READ: Charity concert at Cdl. Schönborn’s cathedral features shirtless actor dancing on Communion rail
Questioned more recently by journalists during the Synod on Synodality, Schönborn cited Francis’ changes to the Catechism on the death penalty as a sign of the possibility of more permissive changes to the text in regard to LGBT issues.
At #Vatican, Cdl Schönborn cited #PopeFrancis‘ death penalty changes re possible future changes to the catechism.
He shows how the current catechism is a trojan horse for #Catholic doctrine, as I explain in my book HERE:https://t.co/f8G9st509c
PDF here: https://t.co/C3VPQWPe20 pic.twitter.com/LWDDw6cfDV— Michael Haynes 🇻🇦 (@MLJHaynes) October 24, 2023
Indeed, he famously became one of the most prominent cardinals to express his anger at the Vatican’s 2021 note that forbade same-sex blessings.

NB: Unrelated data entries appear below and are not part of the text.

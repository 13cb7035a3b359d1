-- ===== src/Types/De/Laws.antt =====
-- What the lenient readers accept (src/de.rs, src/types.rs), against descriptions of their own.
use smspool_sdk.Prelude.{
  ◌≡◌, refl, ◌↔◌, ◌⊎◌, inl, inr, Bool, true, false, ◌||◌, String, Option, none, some, ok, arith,
  ◌>>=◌, is_empty, is_some, eq_iff,
}
use smspool_sdk.Json.{Json, Shape, ℤ, pos, negsuc}
use smspool_sdk.Types.{IdentifierKind, Identifier, identifier, StatusValue}
use smspool_sdk.Types.De.{
  string_or_integer_from_value, decode_identifier, bool_from_value, from_value, text_or_integer,
  invalid_value, bool_of_shape, bool_of_text, bool_of_number, status_of_shape, status_of_number,
}

-- The number and the two texts of a flag.
abbrev pub bit : Bool → ℤ
bit true = pos 1
bit false = pos 0

abbrev pub digit : Bool → String
digit true = "1"
digit false = "0"

abbrev pub word : Bool → String
word true = "true"
word false = "false"

module _ (J : Json) where
  open J use {Value, Number}

  -- What a JSON value must look like to stand for a flag.
  abbrev pub StandsFor : Bool → Shape Value Number → Type 0
  StandsFor b (Shape.boolean c) = c ≡ b
  StandsFor b (Shape.number n) = J.as_i64 n ≡ some (bit b)
  StandsFor b (Shape.string s) = (s ≡ digit b) ⊎ (s ≡ word b)
  StandsFor b Shape.null = ⊥
  StandsFor b (Shape.array vs) = ⊥
  StandsFor b (Shape.object get) = ⊥

  bool_of_number_iff : (i : Option ℤ) (b : Bool) → (bool_of_number J i ≡ ok b) ↔ (i ≡ some (bit b))
  unfolding bool_of_number
  bool_of_number_iff none b = (λ h. cc, λ h. cc)
  bool_of_number_iff (some (pos n)) true = (λ h. ground arith, λ h. ground arith)
  bool_of_number_iff (some (pos n)) false = (λ h. ground arith, λ h. ground arith)
  bool_of_number_iff (some (negsuc n)) true = (λ h. cc, λ h. cc)
  bool_of_number_iff (some (negsuc n)) false = (λ h. cc, λ h. cc)

  bool_of_text_sound :
      (s : String) (b : Bool) → bool_of_text J s ≡ ok b → (s ≡ digit b) ⊎ (s ≡ word b)
  unfolding bool_of_text
  bool_of_text_sound s true h =
      ground (arith, eq_iff s "0", eq_iff s "1", eq_iff s "true", eq_iff s "false")
  bool_of_text_sound s false h =
      ground (arith, eq_iff s "0", eq_iff s "1", eq_iff s "true", eq_iff s "false")

  bool_of_text_complete :
      (s : String) (b : Bool) → (s ≡ digit b) ⊎ (s ≡ word b) → bool_of_text J s ≡ ok b
  unfolding bool_of_text
  bool_of_text_complete s true (inl q) = rw q refl
  bool_of_text_complete s true (inr q) = rw q refl
  bool_of_text_complete s false (inl q) = rw q refl
  bool_of_text_complete s false (inr q) = rw q refl

  bool_of_shape_iff :
      (shape : Shape Value Number) (b : Bool) → (bool_of_shape J shape ≡ ok b) ↔ StandsFor b shape
  unfolding bool_of_shape
  bool_of_shape_iff (Shape.boolean c) b = (λ h. cc, λ h. cc)
  bool_of_shape_iff (Shape.number n) b = bool_of_number_iff (J.as_i64 n) b
  bool_of_shape_iff (Shape.string s) b = (bool_of_text_sound s b, bool_of_text_complete s b)
  bool_of_shape_iff Shape.null b = (λ h. cc, λ h. absurd h)
  bool_of_shape_iff (Shape.array vs) b = (λ h. cc, λ h. absurd h)
  bool_of_shape_iff (Shape.object get) b = (λ h. cc, λ h. absurd h)

  -- A JSON value is read as a flag exactly when it is that Boolean, the number 0 or 1, or one of the
  -- texts "0", "1", "false" and "true" for it.
  pub bool_from_value_iff :
      (v : Value) (b : Bool) → (bool_from_value J v ≡ ok b) ↔ StandsFor b (J.view v)
  unfolding bool_from_value
  bool_from_value_iff v b = bool_of_shape_iff (J.view v) b

  -- What a JSON value must look like to name something: a text, or a number that is an integer.
  abbrev pub Names : String → Shape Value Number → Type 0
  Names s (Shape.string t) = t ≡ s
  Names s (Shape.number n) =
      (J.number_to_string n ≡ s) × ((is_some (J.as_i64 n) || J.is_u64 n) ≡ true)
  Names s Shape.null = ⊥
  Names s (Shape.boolean b) = ⊥
  Names s (Shape.array vs) = ⊥
  Names s (Shape.object get) = ⊥

  module _ (kind : IdentifierKind) (x : Identifier kind) where
    checked_iff :
        (value : Value) (shape : Shape Value Number)
        → ((text_or_integer J value shape >>= λ text. invalid_value J (identifier kind text))
            ≡ ok x)
          ↔ (Names x.as_str shape × (is_empty x.as_str ≡ false))
    unfolding text_or_integer identifier
    checked_iff value (Shape.string s) = (λ h. ground arith, λ h. ground arith)
    checked_iff value (Shape.number n) = (λ h. ground arith, λ h. ground arith)
    checked_iff value Shape.null = (λ h. cc, λ h. absurd h.0)
    checked_iff value (Shape.boolean b) = (λ h. cc, λ h. absurd h.0)
    checked_iff value (Shape.array vs) = (λ h. cc, λ h. absurd h.0)
    checked_iff value (Shape.object get) = (λ h. cc, λ h. absurd h.0)

  -- A JSON value is read as an identifier exactly when it is that text, or an integer written so, and the
  -- text is not empty.
  pub decode_identifier_iff :
      (kind : IdentifierKind) (v : Value) (x : Identifier kind)
      → (decode_identifier J kind v ≡ ok x)
        ↔ (Names x.as_str (J.view v) × (is_empty x.as_str ≡ false))
  unfolding decode_identifier string_or_integer_from_value
  decode_identifier_iff kind v x = checked_iff kind x v (J.view v)

  -- What a status says of the JSON value that it was read from.
  abbrev pub Shows : Value → Shape Value Number → StatusValue Value → Type 0
  Shows v shape (StatusValue.integer i) =
      (n : Number) × (shape ≡ Shape.number n) × (J.as_i64 n ≡ some i)
  Shows v shape (StatusValue.string s) = shape ≡ Shape.string s
  Shows v shape (StatusValue.boolean b) = shape ≡ Shape.boolean b
  Shows v shape StatusValue.null = shape ≡ Shape.null
  Shows v shape (StatusValue.other w) = w ≡ v

  number_Shows :
      (v : Value) (n : Number) (i : Option ℤ)
      → J.as_i64 n ≡ i
      → Shows v (Shape.number n) (status_of_number J v i)
  unfolding status_of_number
  number_Shows v n none q = refl
  number_Shows v n (some i) q = (n, refl, q)

  shape_Shows : (v : Value) (shape : Shape Value Number) → Shows v shape (status_of_shape J v shape)
  unfolding status_of_shape
  shape_Shows v Shape.null = refl
  shape_Shows v (Shape.boolean b) = refl
  shape_Shows v (Shape.number n) = number_Shows v n (J.as_i64 n) refl
  shape_Shows v (Shape.string s) = refl
  shape_Shows v (Shape.array vs) = refl
  shape_Shows v (Shape.object get) = refl

  -- No status is lost in reading: the value read shows the whole JSON value, whatever its shape.
  pub from_value-Shows : (v : Value) → Shows v (J.view v) (from_value J v)
  unfolding from_value
  from_value-Shows v = shape_Shows v (J.view v)
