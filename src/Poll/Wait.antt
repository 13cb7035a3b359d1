-- ===== src/Poll/Wait.antt =====
-- `wait_for_sms` and `wait_for_code_with` (src/poll.rs).
pub mod Answer
pub mod Code
pub mod Delivery
pub mod Ending
use smspool_sdk.Prelude.{
  ℕ, zero, suc, ◌+◌, ◌-◌, String, Option, none, some, Result, ok, err, or_else,
}
use smspool_sdk.Float.{Floats}
use smspool_sdk.Error.{Error, rate_limit_of}
use smspool_sdk.Transport.Io.{Io, Op, out_of_fuel, at_exit, return, fail, ◌>>=◌, ◌>>◌}
use smspool_sdk.Types.{Secret, sms_text}
use smspool_sdk.Api.Sms.Check.{ReceivedSms}
use smspool_sdk.Poll.Orders.{SmsCheck, pending, received, terminated}
use smspool_sdk.Poll.Delay.{
  PollOptions, advance_interval, polling_delay, stop_conditions, sleep_or_stop, ask_or_stop,
}

pub data PollError (P S T V : Type 0) : Type 0 where
  client : Error V → PollError P S T V
  deadline cancelled : (last_observed : Option (SmsCheck P S T)) → PollError P S T V

-- What the provider answers to each check, by its number, and the draws of the jitter.
pub record Checks (P S T V : Type 0) : Type 0 where
  pub check : ℕ → Op (Result (SmsCheck P S T) (Error V))
  pub draw : ℕ → ℕ

module _ {P S T V : Type 0} where
  -- The arms of the match on a failed check.
  after_failure :
      {X : Type 0}
      → (client_error : Io (PollError P S T V) X) → (again : Option ℕ → Io (PollError P S T V) X)
      → Option (Option ℕ)
      → Io (PollError P S T V) X
  after_failure client_error again (some retry_after) = again retry_after
  after_failure client_error again none = client_error

  -- The match on a check: the snapshot, or another round with the last pending one.
  after_check :
      (last_observed : Option (SmsCheck P S T))
      → (again : Option (SmsCheck P S T) → Option ℕ → Io (PollError P S T V) (SmsCheck P S T))
      → Result (SmsCheck P S T) (Error V)
      → Io (PollError P S T V) (SmsCheck P S T)
  unfolding after_failure
  after_check last_observed again (ok (pending p)) = again (some (pending p)) none
  after_check last_observed again (ok (received s)) = return (received s)
  after_check last_observed again (ok (terminated t)) = return (terminated t)
  after_check last_observed again (err error) =
      after_failure (fail (client error)) (again last_observed) (rate_limit_of error)

module _ {P S T V F : Type 0} (options : PollOptions F) where
  abbrev pub preflight :
      (last_observed : Option (SmsCheck P S T)) → Io (PollError P S T V) (Unit {0})
  preflight last_observed =
      stop_conditions (cancelled last_observed) (deadline last_observed) options

  abbrev pub sleep_poll_delay :
      (delay : ℕ) (last_observed : Option (SmsCheck P S T)) → Io (PollError P S T V) (Unit {0})
  sleep_poll_delay delay last_observed =
      sleep_or_stop (cancelled last_observed) (deadline last_observed) options delay

module _ (R : Floats) {P S T V : Type 0} where
  open R use {F}

  -- The end of a round: the wait, and the rounds that follow.
  after_round :
      PollOptions F
      → Checks P S T V
      → (round interval : ℕ)
        (rest : Option (SmsCheck P S T) → Io (PollError P S T V) (SmsCheck P S T))
      → Option (SmsCheck P S T)
      → (retry_after : Option ℕ) → Io (PollError P S T V) (SmsCheck P S T)
  after_round options provider round interval rest last_observed retry_after =
      sleep_poll_delay options (polling_delay R options (provider.draw round) interval retry_after)
        last_observed
      >> rest last_observed

  -- The loop, cut off after `left` rounds.
  unfoldable pub wait_loop :
      PollOptions F
      → Checks P S T V
      → (left round interval : ℕ) → Option (SmsCheck P S T)
      → Io (PollError P S T V) (SmsCheck P S T)
  unfolding after_check after_round
  wait_loop options provider zero round interval last_observed = at_exit out_of_fuel
  wait_loop options provider (suc left) round interval last_observed = do
    preflight options last_observed
    checked ←
        ask_or_stop (cancelled last_observed) (deadline last_observed) options
          (provider.check round)
    after_check last_observed
        (after_round options provider round interval (
          wait_loop options provider left (suc round)
            (advance_interval interval options.max_interval)))
        checked

  unfoldable pub wait_for_sms :
      PollOptions F → Checks P S T V → Io (PollError P S T V) (SmsCheck P S T)
  wait_for_sms options provider now =
      wait_loop options provider (suc (options.deadline - now)) 0 options.base_interval none now

pub record CodePollResult (C U : Type 0) : Type 0 where
  pub sms : C
  pub code : Option U

-- `and_then(|text| extractor(text.expose()))`.
extracted : {U : Type 0} → (String → Option U) → Option (Secret sms_text) → Option U
extracted extractor none = none
extracted extractor (some text) = extractor text.expose

module _ {P T V U : Type 0} (extractor : String → Option U) where
  unfoldable pub code_of : SmsCheck P (ReceivedSms V) T → Option U
  unfolding extracted
  code_of (received x) = extracted extractor (or_else x.full_sms x.sms)
  code_of (pending p) = none
  code_of (terminated t) = none

  unfoldable pub wait_for_code_with :
      (R : Floats)
      → PollOptions (R.F)
      → Checks P (ReceivedSms V) T V
      → Io (PollError P (ReceivedSms V) T V) (CodePollResult (SmsCheck P (ReceivedSms V) T) U)
  wait_for_code_with R options provider = do
    sms ← wait_for_sms R options provider
    return (record { sms = sms; code = code_of sms })
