-- ===== src/Poll/Delay/Stops.antt =====
-- When the waits and the reads of a polling workflow stop it (src/poll.rs): what they fail with, when
-- they end, and that they do end.
use smspool_sdk.Prelude.{
  ℕ, ◌+◌, ◌≤◌, ◌<◌, ◌≡◌, refl, ◌⊎◌, inl, inr, Bool, true, false, Option, none, some, arith, leb,
  min, max, Bool-cases, unwrap_or, if◌then◌else◌,
}
use smspool_sdk.Transport.Io.{Op, Outcome, done, failed}
use smspool_sdk.Transport.Rules.{Ends, EndsBy}
use smspool_sdk.Transport.Timed.{FailsAt}
use smspool_sdk.Poll.Delay.{
  PollOptions, is_cancelled, stop_conditions, sleep_until_or_stop, sleep_or_stop, ask_or_stop,
}

-- The token is cancelled by `now`.
abbrev pub WasCancelled : Option ℕ → (now : ℕ) → Type 0
WasCancelled none now = ⊥
WasCancelled (some at) now = at ≤ now

module _ {X F : Type 0} (cancelled deadline : X) (options : PollOptions F) where
  -- The failure names the condition that holds at its time.
  abbrev pub IsStop : (now : ℕ) → X → Type 0
  IsStop now x =
      ((x ≡ cancelled) × WasCancelled options.cancelled_at now)
      ⊎ ((x ≡ deadline) × (options.deadline ≤ now))

  cancelled_WasCancelled :
      (at : Option ℕ) (t now : ℕ) → is_cancelled at t ≡ true → t ≤ now → WasCancelled at now
  cancelled_WasCancelled none t now q h = cc
  cancelled_WasCancelled (some at) t now q h = ground arith

  later_WasCancelled :
      (at : Option ℕ) (t now : ℕ)
      → is_cancelled at t ≡ true
      → WasCancelled at (max now (unwrap_or at 0))
  later_WasCancelled none t now q = cc
  later_WasCancelled (some at) t now q = omega arith

  pub stop_conditions-IsStop : FailsAt IsStop (stop_conditions cancelled deadline options)
  stop_conditions-IsStop now x q = elim (Bool-cases (is_cancelled options.cancelled_at now)) [
    | inl h ↦
        inl (ground arith, ground (arith, cancelled_WasCancelled options.cancelled_at now now h))
    | inr h ↦ inr (ground arith, ground arith)
  ]

  -- The three arms of a race.
  abbrev race : {A : Type 0} → (token timer : Bool) → (cut stop finish : ℕ) → A → Outcome X A
  race token timer cut stop finish a =
      if token
      then record { exit = failed cancelled; now = cut; sent = 0 }
      else if timer
      then record { exit = failed deadline; now = stop; sent = 0 }
      else record { exit = done a; now = finish; sent = 0 }

  race-IsStop :
      {A : Type 0} (token timer : Bool) (cut stop finish : ℕ) (a : A) (x : X)
      → (token ≡ true → WasCancelled options.cancelled_at cut)
      → options.deadline ≤ stop
      → (race token timer cut stop finish a).exit ≡ failed x
      → IsStop (race token timer cut stop finish a).now x
  race-IsStop true timer cut stop finish a x h k q = inl (ground arith, h refl)
  race-IsStop false true cut stop finish a x h k q = inr (ground arith, k)
  race-IsStop false false cut stop finish a x h k q = cc

  pub sleep_until_or_stop-IsStop :
      (at : ℕ) → FailsAt IsStop (sleep_until_or_stop cancelled deadline options at)
  sleep_until_or_stop-IsStop at now x =
      let wake_at = max now (min at options.deadline) in
      race-IsStop (is_cancelled options.cancelled_at wake_at) (leb options.deadline wake_at)
        (max now (unwrap_or options.cancelled_at 0)) (max now options.deadline) wake_at tt x
        (later_WasCancelled options.cancelled_at wake_at now) (omega arith)

  pub sleep_or_stop-IsStop :
      (delay : ℕ) → FailsAt IsStop (sleep_or_stop cancelled deadline options delay)
  sleep_or_stop-IsStop delay now =
      sleep_until_or_stop-IsStop (min (now + delay) options.deadline) now

  pub ask_or_stop-IsStop :
      {A : Type 0} (op : Op A) → FailsAt IsStop (ask_or_stop cancelled deadline options op)
  ask_or_stop-IsStop op now x =
      let finish = now + op.takes in
      let stop = max now options.deadline in
      race-IsStop (is_cancelled options.cancelled_at (min finish stop)) (leb stop finish)
        (max now (unwrap_or options.cancelled_at 0)) stop finish op.answer x
        (later_WasCancelled options.cancelled_at (min finish stop) now) (omega arith)

  pub stop_conditions-Ends : Ends (stop_conditions cancelled deadline options)
  stop_conditions-Ends now = (λ q. ground arith, λ q. ground arith)

  pub sleep_until_or_stop-Ends : (at : ℕ) → Ends (sleep_until_or_stop cancelled deadline options at)
  sleep_until_or_stop-Ends at now = (λ q. ground arith, λ q. ground arith)

  pub sleep_or_stop-Ends : (delay : ℕ) → Ends (sleep_or_stop cancelled deadline options delay)
  sleep_or_stop-Ends delay now = (λ q. ground arith, λ q. ground arith)

  pub ask_or_stop-Ends : {A : Type 0} (op : Op A) → Ends (ask_or_stop cancelled deadline options op)
  ask_or_stop-Ends op now = (λ q. ground arith, λ q. ground arith)

  module _ (b : ℕ) (late : options.deadline ≤ b) where
    pub stop_conditions-EndsBy : EndsBy b b (stop_conditions cancelled deadline options)
    stop_conditions-EndsBy now h = ground arith

    pub sleep_until_or_stop-EndsBy :
        (at : ℕ) → EndsBy b b (sleep_until_or_stop cancelled deadline options at)
    sleep_until_or_stop-EndsBy at now h = ground arith

    pub sleep_or_stop-EndsBy :
        (delay : ℕ) → EndsBy b b (sleep_or_stop cancelled deadline options delay)
    sleep_or_stop-EndsBy delay now h = ground arith

    pub ask_or_stop-EndsBy :
        {A : Type 0} (op : Op A) → EndsBy b b (ask_or_stop cancelled deadline options op)
    ask_or_stop-EndsBy op now h = ground arith

  -- How the clock moves.
  pub stop_conditions_time :
      (now : ℕ)
      → ((stop_conditions cancelled deadline options now).now ≡ now)
        × ((stop_conditions cancelled deadline options now).exit ≡ done tt → now < options.deadline)
  stop_conditions_time now = (ground arith, λ q. ground arith)

  pub sleep_until_or_stop_time :
      (at now : ℕ) → now ≤ (sleep_until_or_stop cancelled deadline options at now).now
  sleep_until_or_stop_time at now = ground arith

  pub sleep_or_stop_time :
      (delay now : ℕ) → now ≤ (sleep_or_stop cancelled deadline options delay now).now
  sleep_or_stop_time delay now = ground arith

  pub ask_or_stop_time :
      {A : Type 0} (op : Op A) (now : ℕ) (a : A)
      → (ask_or_stop cancelled deadline options op now).exit ≡ done a
      → (ask_or_stop cancelled deadline options op now).now ≡ now + op.takes
  ask_or_stop_time op now a q = ground arith

  -- Without a cancellation, nothing before the deadline stops a step.
  module _ (calm : options.cancelled_at ≡ none) where
    pub stop_conditions-calm :
        (now : ℕ)
        → now < options.deadline
        → (stop_conditions cancelled deadline options now).exit ≡ done tt
    stop_conditions-calm now h = ground arith

    pub sleep_or_stop-calm :
        (delay now : ℕ)
        → now + delay < options.deadline
        → ((sleep_or_stop cancelled deadline options delay now).exit ≡ done tt)
          × ((sleep_or_stop cancelled deadline options delay now).now ≤ now + delay)
    sleep_or_stop-calm delay now h = (ground arith, ground arith)

    pub ask_or_stop-calm :
        {A : Type 0} (op : Op A) (now : ℕ)
        → now + op.takes < options.deadline
        → (ask_or_stop cancelled deadline options op now).exit ≡ done op.answer
    ask_or_stop-calm op now h = ground arith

While female ordination and greater “inclusion” for homosexuality is now a regular theme in the Church, thanks especially to the Synod on Synodality, the cardinal has long championed admitting women to Holy Orders in some form, expressing a personal wish to ordain women at some point in the future.
Schönborn has also been a key voice pushing for the divorced and “remarried” to receive Holy Communion. During the many years in which much debate was focused on the topic – thanks to the publication of Amoris Laetitia that proposed it – Schönborn strongly advocated for the “remarried” to receive Holy Communion.
Upon publication of the text, he vehemently defended it as opening the door for the “remarried” to receive Holy Communion. Pope Francis pointed to Schönborn’s interpretation as the definitive reading of the text. Schönborn, Francis said, was a “great theologian who knows the doctrine of the Church.”
Such causes are very popular with the vocal, more heterodox activists within the Church, but it seems that they have not brought life to the Archdiocese of Vienna. Contrasting the earliest public statistics of the archdiocese (from 2003) to the most recent issued about the year 2023, a notable decline can be seen.
While there were 1.36 million Catholics officially registered in Schönborn’s archdiocese in 2003, that number had fallen to 1.06 million by 2023. Indeed, Austria as a whole has witnessed a decline in numbers of Catholics – a process that involves formally deregistering oneself from the Church, not just a lack of practicing the faith.
Vienna has been under Schönborn’s control for over 30 years. Whether his successor can revitalize the practice of the Catholic faith in contrast to the cardinal now remains to be seen.